Task description: Your task is to output every record exactly as it is given.

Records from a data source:

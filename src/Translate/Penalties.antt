-- ===== src/Translate/Penalties.antt =====
-- The structural transforms `definition-owner`, `seat-row-number` and `unpriced-penalties`.
use ndc_mock.Prelude.{
  suc, Bool, true, false, ◌&&◌, not, Option, none, some, List, [], ◌∷◌, ◌++◌, map, String,
  if◌then◌else◌, ◌==◌, ◌!=◌, string_eq, keep_if, ◌>>=◌,
}
use ndc_mock.Prelude.Text.{trim_space}
use ndc_mock.Tree.{Node, name, text, kids, with_kids, leaf, add_kid, child, child_text}
use ndc_mock.Tree.Lists.{weight, depth}
use ndc_mock.Tree.Walk.{walk, walk_with}

abbrev pub is_none {ℓ} : {A : Type ℓ} → Option A → Bool
is_none none = true
is_none (some a) = false

-- The first walk of `definitionOwner`, over the variable `owner`.
unfoldable pub find_owner : String → Node → String × Node
unfolding child_text
find_owner owner n =
    if owner == "" && name n == "Offer" then (child_text n "OwnerCode", n) else (owner, n)

unfoldable pub own_definition : String → Node → Node
unfolding child
own_definition owner n =
    if name n == "ServiceDefinition" && is_none (child n "OwnerCode")
    then add_kid (leaf "OwnerCode" owner) n
    else n

-- Gives every service definition an OwnerCode. The fuel of each walk is above the depth that it
-- meets.
unfoldable pub definition_owner : Node → Option Node
unfolding walk walk_with find_owner own_definition weight
definition_owner root = do
  (owner, _) ← walk_with (suc (depth root)) find_owner "" root
  if owner == ""
      then some root
      else walk (suc (weight "ServiceDefinition" 1 root)) (own_definition owner) root

unfoldable pub number_seat : String → Node → Node
unfolding child
number_seat row seat =
    if name seat == "Seat"
    then (if is_none (child seat "RowNumber") && row != ""
        then add_kid (leaf "RowNumber" row) seat
        else seat)
    else seat

unfoldable pub number_row : Node → Node
unfolding number_seat child_text
number_row n =
    if name n != "SeatRow"
    then n
    else with_kids (map (number_seat (child_text n "RowNumber")) (kids n)) n

-- Repeats each row's number on its seats.
unfoldable pub seat_row_number : Node → Option Node
unfolding walk number_row weight
seat_row_number root = walk (suc (weight "SeatRow" 1 root)) number_row root

unfoldable pub contains : List String → String → Bool
contains [] a = false
contains (b ∷ l) a = if b == a then true else contains l a

-- A penalty that carries no amount.
abbrev pub unpriced : Node → Bool
unpriced p = name p == "Penalty" && is_none (child p "Price")

unfoldable pub penalty_ids : List Node → List String
unfolding child_text child
penalty_ids [] = []
penalty_ids (p ∷ ps) =
    let rest = penalty_ids ps in if unpriced p then child_text p "PenaltyID" ∷ rest else rest

-- The first walk of `unpricedPenalties`, over the set `gone`.
unfoldable pub drop_unpriced : List String → Node → List String × Node
unfolding penalty_ids child
drop_unpriced gone n =
    if name n != "PenaltyList"
    then (gone, n)
    else (gone ++ penalty_ids (kids n), with_kids (keep_if (λ p. not (unpriced p)) (kids n)) n)

abbrev no_nodes : List Node → Bool
no_nodes [] = true
no_nodes (k ∷ ks) = false

-- What the second walk keeps: no reference to a penalty that is gone, and no empty list.
unfoldable pub stays : List String → Node → Bool
unfolding contains trim_space
stays gone k =
    if name k == "PenaltyRefID" && contains gone (trim_space (text k))
    then false
    else not (name k == "PenaltyList" && no_nodes (kids k))

unfoldable pub drop_references : List String → Node → Node
unfolding stays
drop_references gone n = with_kids (keep_if (stays gone) (kids n)) n

unfoldable pub references_without : List String → Node → Option Node
unfolding walk drop_references weight
references_without [] root = some root
references_without (g ∷ gone) root = walk (suc (depth root)) (drop_references (g ∷ gone)) root

-- Removes penalties that carry no amount, with every reference to them.
unfoldable pub unpriced_penalties : Node → Option Node
unfolding walk_with drop_unpriced references_without weight
unpriced_penalties root = do
  (gone, root') ← walk_with (suc (depth root)) drop_unpriced [] root
  references_without gone root'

Solution:
filename src/Translate/Penalties.antt
-- ===== src/Translate/Penalties.antt =====
-- The structural transforms `definition-owner`, `seat-row-number` and `unpriced-penalties`.
use ndc_mock.Prelude.{
  suc, Bool, true, false, ◌&&◌, not, Option, none, some, List, [], ◌∷◌, ◌++◌, map, String,
  if◌then◌else◌, ◌==◌, ◌!=◌, string_eq, keep_if, ◌>>=◌,
}
use ndc_mock.Prelude.Text.{trim_space}
use ndc_mock.Tree.{Node, name, text, kids, with_kids, leaf, add_kid, child, child_text}
use ndc_mock.Tree.Lists.{weight, depth}
use ndc_mock.Tree.Walk.{walk, walk_with}

abbrev pub is_none {ℓ} : {A : Type ℓ} → Option A → Bool
is_none none = true
is_none (some a) = false

-- The first walk of `definitionOwner`, over the variable `owner`.
unfoldable pub find_owner : String → Node → String × Node
unfolding child_text
find_owner owner n =
    if owner == "" && name n == "Offer" then (child_text n "OwnerCode", n) else (owner, n)

unfoldable pub own_definition : String → Node → Node
unfolding child
own_definition owner n =
    if name n == "ServiceDefinition" && is_none (child n "OwnerCode")
    then add_kid (leaf "OwnerCode" owner) n
    else n

-- Gives every service definition an OwnerCode. The fuel of each walk is above the depth that it
-- meets.
unfoldable pub definition_owner : Node → Option Node
unfolding walk walk_with find_owner own_definition weight
definition_owner root = do
  (owner, _) ← walk_with (suc (depth root)) find_owner "" root
  if owner == ""
      then some root
      else walk (suc (weight "ServiceDefinition" 1 root)) (own_definition owner) root

unfoldable pub number_seat : String → Node → Node
unfolding child
number_seat row seat =
    if name seat == "Seat"
    then (if is_none (child seat "RowNumber") && row != ""
        then add_kid (leaf "RowNumber" row) seat
        else seat)
    else seat

unfoldable pub number_row : Node → Node
unfolding number_seat child_text
number_row n =
    if name n != "SeatRow"
    then n
    else with_kids (map (number_seat (child_text n "RowNumber")) (kids n)) n

-- Repeats each row's number on its seats.
unfoldable pub seat_row_number : Node → Option Node
unfolding walk number_row weight
seat_row_number root = walk (suc (weight "SeatRow" 1 root)) number_row root

unfoldable pub contains : List String → String → Bool
contains [] a = false
contains (b ∷ l) a = if b == a then true else contains l a

-- A penalty that carries no amount.
abbrev pub unpriced : Node → Bool
unpriced p = name p == "Penalty" && is_none (child p "Price")

unfoldable pub penalty_ids : List Node → List String
unfolding child_text child
penalty_ids [] = []
penalty_ids (p ∷ ps) =
    let rest = penalty_ids ps in if unpriced p then child_text p "PenaltyID" ∷ rest else rest

-- The first walk of `unpricedPenalties`, over the set `gone`.
unfoldable pub drop_unpriced : List String → Node → List String × Node
unfolding penalty_ids child
drop_unpriced gone n =
    if name n != "PenaltyList"
    then (gone, n)
    else (gone ++ penalty_ids (kids n), with_kids (keep_if (λ p. not (unpriced p)) (kids n)) n)

abbrev no_nodes : List Node → Bool
no_nodes [] = true
no_nodes (k ∷ ks) = false

-- What the second walk keeps: no reference to a penalty that is gone, and no empty list.
unfoldable pub stays : List String → Node → Bool
unfolding contains trim_space
stays gone k =
    if name k == "PenaltyRefID" && contains gone (trim_space (text k))
    then false
    else not (name k == "PenaltyList" && no_nodes (kids k))

unfoldable pub drop_references : List String → Node → Node
unfolding stays
drop_references gone n = with_kids (keep_if (stays gone) (kids n)) n

unfoldable pub references_without : List String → Node → Option Node
unfolding walk drop_references weight
references_without [] root = some root
references_without (g ∷ gone) root = walk (suc (depth root)) (drop_references (g ∷ gone)) root

-- Removes penalties that carry no amount, with every reference to them.
unfoldable pub unpriced_penalties : Node → Option Node
unfolding walk_with drop_unpriced references_without weight
unpriced_penalties root = do
  (gone, root') ← walk_with (suc (depth root)) drop_unpriced [] root
  references_without gone root'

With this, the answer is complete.